● **Task instructions**: Under this line are the records; write out word for word the part that begins at the line containing "let reach = le→not-ltb" and ends at the line containing "inr (s, e) ↦", and no more.

::::::::::

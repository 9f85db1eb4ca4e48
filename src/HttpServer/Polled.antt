-- ===== src/HttpServer/Polled.antt =====
-- router/http_server.go: a request to `/api/r` that is answered at once.
use xchg.Base.{
  ℕ, ◌+◌, ◌≤◌, ◌<◌, ◌≡◌, refl, sym, ap, ◌∙◌, true, some, List, ◌∷◌, ◌++◌, arith, length,
  length-append, bytes_eq, take-length-append, le→not-ltb, lt→ltb, inl, inr, Option-cases,
}
use xchg.Bytes.{bytes_at, uint64_at}
use xchg.Texts.{codes}
use xchg.Router.{Router, Slice, answer, get_messages, lookup, hex_encode, declare_http_request_r}
use xchg.Router.Reports.{Report}
use xchg.Framing.{finished}
use xchg.HttpServer.{process_r}
use xchg.HttpServer.Puts.{bytes_at-take}
use xchg.HttpServer.Requests.{Base64, Request, form_data, written, serve_http}

bytes_at-append :
    (xs ys : List ℕ) (o k : ℕ) → o + k ≤ length xs → bytes_at (xs ++ ys) o k ≡ bytes_at xs o k
bytes_at-append xs ys o k h =
    sym (bytes_at-take (xs ++ ys) (length xs) o k h)
    ∙ ap (λ s. bytes_at s o k) (take-length-append xs ys)

uint64_at-append :
    (xs ys : List ℕ) (o : ℕ) → o + 8 ≤ length xs → uint64_at (xs ++ ys) o ≡ uint64_at xs o
unfolding uint64_at
uint64_at-append xs ys o h = rw (bytes_at-append xs ys o 8 h) refl

-- A request is read within its length.
get_messages-spare :
    (c : Router) (request spare : List ℕ)
    → length request ≡ 48
    → get_messages c (record { array = request ++ spare; len = length request })
      ≡ get_messages c (record { array = request; len = length request })
unfolding get_messages
get_messages-spare c request spare size =
    let from : lookup (hex_encode (bytes_at (request ++ spare) 16 32)) c.addresses
        ≡ lookup (hex_encode (bytes_at request 16 32)) c.addresses =
      ap (λ a. lookup (hex_encode a) c.addresses)
        (bytes_at-append request spare 16 32 (omega (arith, size))) in
    let reach = le→not-ltb (length request) 48 (omega (arith, size)) in
    let reach' =
      le→not-ltb (length (request ++ spare)) 48
        (omega (arith, length-append request spare, size)) in
    let read : (o : ℕ) → o + 8 ≤ 48 → uint64_at (request ++ spare) o ≡ uint64_at request o =
      λ o h. uint64_at-append request spare o (omega (arith, size, h)) in
    elim (Option-cases (lookup (hex_encode (bytes_at request 16 32)) c.addresses)) [
      | inl e ↦ rw (reach', reach, from ∙ e, e, get_messages) refl
      | inr (s, e) ↦
          rw (reach', reach, from ∙ e, e, read 0 (omega arith), read 8 (omega arith), get_messages)
            refl
    ]

process_r-answers :
    (c c' : Router) (request : Slice) (other : Router → Router) (others : List (Router → Router))
    (bytes : List ℕ) (n : ℕ)
    → get_messages (declare_http_request_r c) request ≡ some (answer bytes n, c')
    → 0 < n
    → process_r c (some request) (other ∷ others) ≡ some (some (answer bytes n), c')
unfolding process_r xchg.HttpServer.long_poll xchg.HttpServer.is_last
process_r-answers c c' request other others bytes n asked some_there =
    rw (asked, lt→ltb 0 n some_there, xchg.HttpServer.long_poll) refl

-- A form with the field "d", posted to `/api/r`.
abbrev pub polls : List ℕ → Request
polls d = record { method = codes "POST"; request_uri = codes "/api/r"; form_ok = true; d = d }

-- A poll that has an answer ends the wait at its first round.
pub serve_http-answers :
    (b : Base64) (fuel now : ℕ) (other : Router → Router) (others : List (Router → Router))
    (report : Report) (c c' : Router) (request spare bytes : List ℕ) (n : ℕ)
    → length request ≡ 48
    → b.decode_string (b.encode_to_string request)
      ≡ some (record { array = request ++ spare; len = length request })
    → get_messages (declare_http_request_r c) (record { array = request; len = length request })
      ≡ some (answer bytes n, c')
    → 0 < n
    → serve_http b fuel now (other ∷ others) report c (polls (b.encode_to_string request))
      ≡ finished (b.encode_to_string bytes, c')
unfolding serve_http xchg.HttpServer.route form_data bytes_eq written
serve_http-answers b fuel now other others report c c' request spare bytes n size back asked
      some_there =
    rw
      (
        back,
        process_r-answers c c' (record { array = request ++ spare; len = length request }) other
            others bytes n
            (get_messages-spare (declare_http_request_r c) request spare size ∙ asked) some_there,
      )
      refl
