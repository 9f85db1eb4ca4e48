-- ===== src/Storage/Collect.antt =====
-- What the loop of `GetMessage` gathers.
use xchg.Base.{
  ℕ, ◌+◌, ◌<◌, ◌≡◌, refl, ◌∙◌, sym, inl, inr, Bool, ◌||◌, List, [], ◌∷◌, ◌++◌, arith, ltb,
  if◌then◌else◌, length, length-append, Bool-cases,
}
use mathlib.Core.Path.{subst}
use mathlib.Core.List.{append-nil, append_assoc}
use xchg.Base.Words.{slt_of_lt, IsNonneg}
use xchg.Storage.{Message, Batch, collect}

-- The messages that the call asks for.
unfoldable pub wanted : ℕ → Bool → List Message → List Message
wanted after_id send_all [] = []
wanted after_id send_all (m ∷ ms) =
    if ltb after_id m.id || send_all
    then m ∷ wanted after_id send_all ms
    else wanted after_id send_all ms

-- Their bytes, end to end.
unfoldable pub contents : List Message → List ℕ
contents [] = []
contents (m ∷ ms) = m.bytes ++ contents ms

-- The id of the last one, or `d`.
unfoldable pub last_id_or : ℕ → List Message → ℕ
last_id_or d [] = d
last_id_or d (m ∷ ms) = last_id_or m.id ms

pub contents-append : (xs ys : List Message) → contents (xs ++ ys) ≡ contents xs ++ contents ys
unfolding contents
contents-append [] ys = refl
contents-append (x ∷ xs) ys = rw (contents-append xs ys) (sym (append_assoc x.bytes _ _))

abbrev taken : Batch → Message → Batch
taken b m = record { bytes = b.bytes ++ m.bytes; last_id = m.id; count = b.count + 1 }

batch_eq :
    {xs ys : List ℕ} {l m n : ℕ}
    → xs ≡ ys
    → m ≡ n
    → ◌≡◌ {A = Batch}
        (record { bytes = xs; last_id = l; count = m })
        (record { bytes = ys; last_id = l; count = n })
batch_eq p q = cc

-- When all that is wanted fits, the loop takes it all, in order.
pub collect-fits :
    (ms : List Message) (after_id : ℕ) (send_all : Bool) (max_size : ℕ) (b : Batch)
    → IsNonneg max_size
    → length b.bytes + length (contents (wanted after_id send_all ms)) < max_size
    → collect ms after_id send_all max_size b ≡ record {
      bytes = b.bytes ++ contents (wanted after_id send_all ms);
      last_id = last_id_or b.last_id (wanted after_id send_all ms);
      count = b.count + length (wanted after_id send_all ms);
    }
unfolding collect wanted contents last_id_or
collect-fits [] after_id send_all max_size b hm h = ground (arith, append-nil b.bytes)
collect-fits (m ∷ ms) after_id send_all max_size b hm h =
    elim (Bool-cases (ltb after_id m.id || send_all)) [
      | inr skip ↦ rw skip (
          collect-fits ms after_id send_all max_size b hm (
            subst
              (λ t.
                length b.bytes
                  + length (
                      contents (
                        if t then m ∷ wanted after_id send_all ms else wanted after_id send_all ms))
                < max_size)
              skip h))
      | inl want ↦
          let h' : length b.bytes + length (m.bytes ++ contents (wanted after_id send_all ms))
              < max_size =
            subst
              (λ t.
                length b.bytes
                  + length (
                      contents (
                        if t then m ∷ wanted after_id send_all ms else wanted after_id send_all ms))
                < max_size)
              want h in
          let total = length-append m.bytes (contents (wanted after_id send_all ms)) in
          rw (want, slt_of_lt (length b.bytes + length m.bytes) max_size hm (omega arith))
            (collect-fits ms after_id send_all max_size (taken b m) hm
                (omega (arith, length-append b.bytes m.bytes))
              ∙ batch_eq (append_assoc b.bytes m.bytes (contents (wanted after_id send_all ms)))
                  (omega arith))
    ]
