-- ===== src/Storage/Delivery.antt =====
-- What a reader gets from `GetMessage`, poll after poll.
use xchg.Base.{
  ℕ, ◌+◌, ◌≤◌, ◌<◌, ◌≡◌, refl, ap, ◌∙◌, inl, inr, true, false, List, [], ◌∷◌, ◌++◌, arith, ltb,
  if◌then◌else◌, length, Bool-cases,
}
use xchg.Base.Words.{IsNonneg}
use xchg.Storage.{Message, Storage, Batch, get_from, get_message, last_message, fix_last_id}
use xchg.Storage.Collect.{wanted, contents, last_id_or, collect-fits}
use xchg.Storage.Order.{Ids, IsValid, last_message-bounds}

-- The messages that a reader who has read up to `after_id` still has to get. A reader whose id is
-- above all ids has read from an earlier router, and gets everything.
unfoldable pub pending : List Message → ℕ → List Message
unfolding wanted last_message
pending [] after_id = []
pending (m ∷ ms) after_id =
    if ltb (last_message m ms).id after_id then m ∷ ms else wanted after_id false (m ∷ ms)

wanted-all : (after_id : ℕ) (ms : List Message) → wanted after_id true ms ≡ ms
unfolding wanted
wanted-all after_id [] = refl
wanted-all after_id (m ∷ ms) = ground (arith, wanted-all after_id ms)

fix_last_id_none :
    (b : Batch) (after first last : ℕ) → after ≤ last → fix_last_id b after first last ≡ b
fix_last_id_none b after first last le = ground arith

abbrev start : ℕ → Batch
start after_id = record { bytes = []; last_id = after_id; count = 0 }

-- The batch of the messages `ms`, for a reader at `after_id`.
abbrev pub batch_of : ℕ → List Message → Batch
batch_of after_id ms = record {
  bytes = contents ms;
  last_id = last_id_or after_id ms;
  count = length ms;
}

batch_of-eq :
    (after_id : ℕ) (ms : List Message)
    → ◌≡◌ {A = Batch}
        (record {
          bytes = [] ++ contents ms;
          last_id = last_id_or after_id ms;
          count = 0 + length ms;
        })
        (batch_of after_id ms)
batch_of-eq after_id ms = ground arith

get_from-pending :
    (ms : List Message) (hi after_id max_size : ℕ)
    → Ids 0 ms hi
    → IsNonneg max_size
    → length (contents (pending ms after_id)) < max_size
    → get_from ms after_id max_size ≡ batch_of after_id (pending ms after_id)
unfolding get_from pending
get_from-pending [] hi after_id max_size ids hm fits = unfold contents last_id_or in refl
get_from-pending (m ∷ ms) hi after_id max_size ids hm fits =
    elim (Bool-cases (ltb (last_message m ms).id after_id)) [
      | inl reset ↦
          let fits' : length (contents (wanted m.id true (m ∷ ms))) < max_size =
            rw wanted-all (rw (reset, pending) at fits) in
          rw (reset, pending)
            (ap (λ b. fix_last_id b m.id m.id (last_message m ms).id)
                (collect-fits (m ∷ ms) m.id true max_size (start after_id) hm (omega arith))
              ∙ fix_last_id_none _ m.id m.id (last_message m ms).id
                  (last_message-bounds m ms 0 hi ids).0
              ∙ batch_of-eq after_id (wanted m.id true (m ∷ ms))
              ∙ ap (batch_of after_id) (wanted-all m.id (m ∷ ms)))
      | inr keep ↦
          let fits' : length (contents (wanted after_id false (m ∷ ms))) < max_size =
            rw (keep, pending) at fits in
          rw (keep, pending)
            (ap (λ b. fix_last_id b after_id m.id (last_message m ms).id)
                (collect-fits (m ∷ ms) after_id false max_size (start after_id) hm (omega arith))
              ∙ fix_last_id_none _ after_id m.id (last_message m ms).id (ground arith)
              ∙ batch_of-eq after_id (wanted after_id false (m ∷ ms)))
    ]

-- When what is pending fits, a poll returns exactly that, in order, with the id of its last message.
pub get_message-pending :
    (hi : ℕ) (c : Storage) (after_id max_size : ℕ)
    → IsValid hi c
    → IsNonneg max_size
    → length (contents (pending c.messages after_id)) < max_size
    → get_message c after_id max_size ≡ batch_of after_id (pending c.messages after_id)
unfolding get_message
get_message-pending hi c after_id max_size v hm h =
    get_from-pending c.messages hi after_id max_size v.ids hm h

::::::::::

● **Result**:
    let reach = le→not-ltb (length request) 48 (omega (arith, size)) in
    let reach' =
      le→not-ltb (length (request ++ spare)) 48
        (omega (arith, length-append request spare, size)) in
    let read : (o : ℕ) → o + 8 ≤ 48 → uint64_at (request ++ spare) o ≡ uint64_at request o =
      λ o h. uint64_at-append request spare o (omega (arith, size, h)) in
    elim (Option-cases (lookup (hex_encode (bytes_at request 16 32)) c.addresses)) [
      | inl e ↦ rw (reach', reach, from ∙ e, e, get_messages) refl
      | inr (s, e) ↦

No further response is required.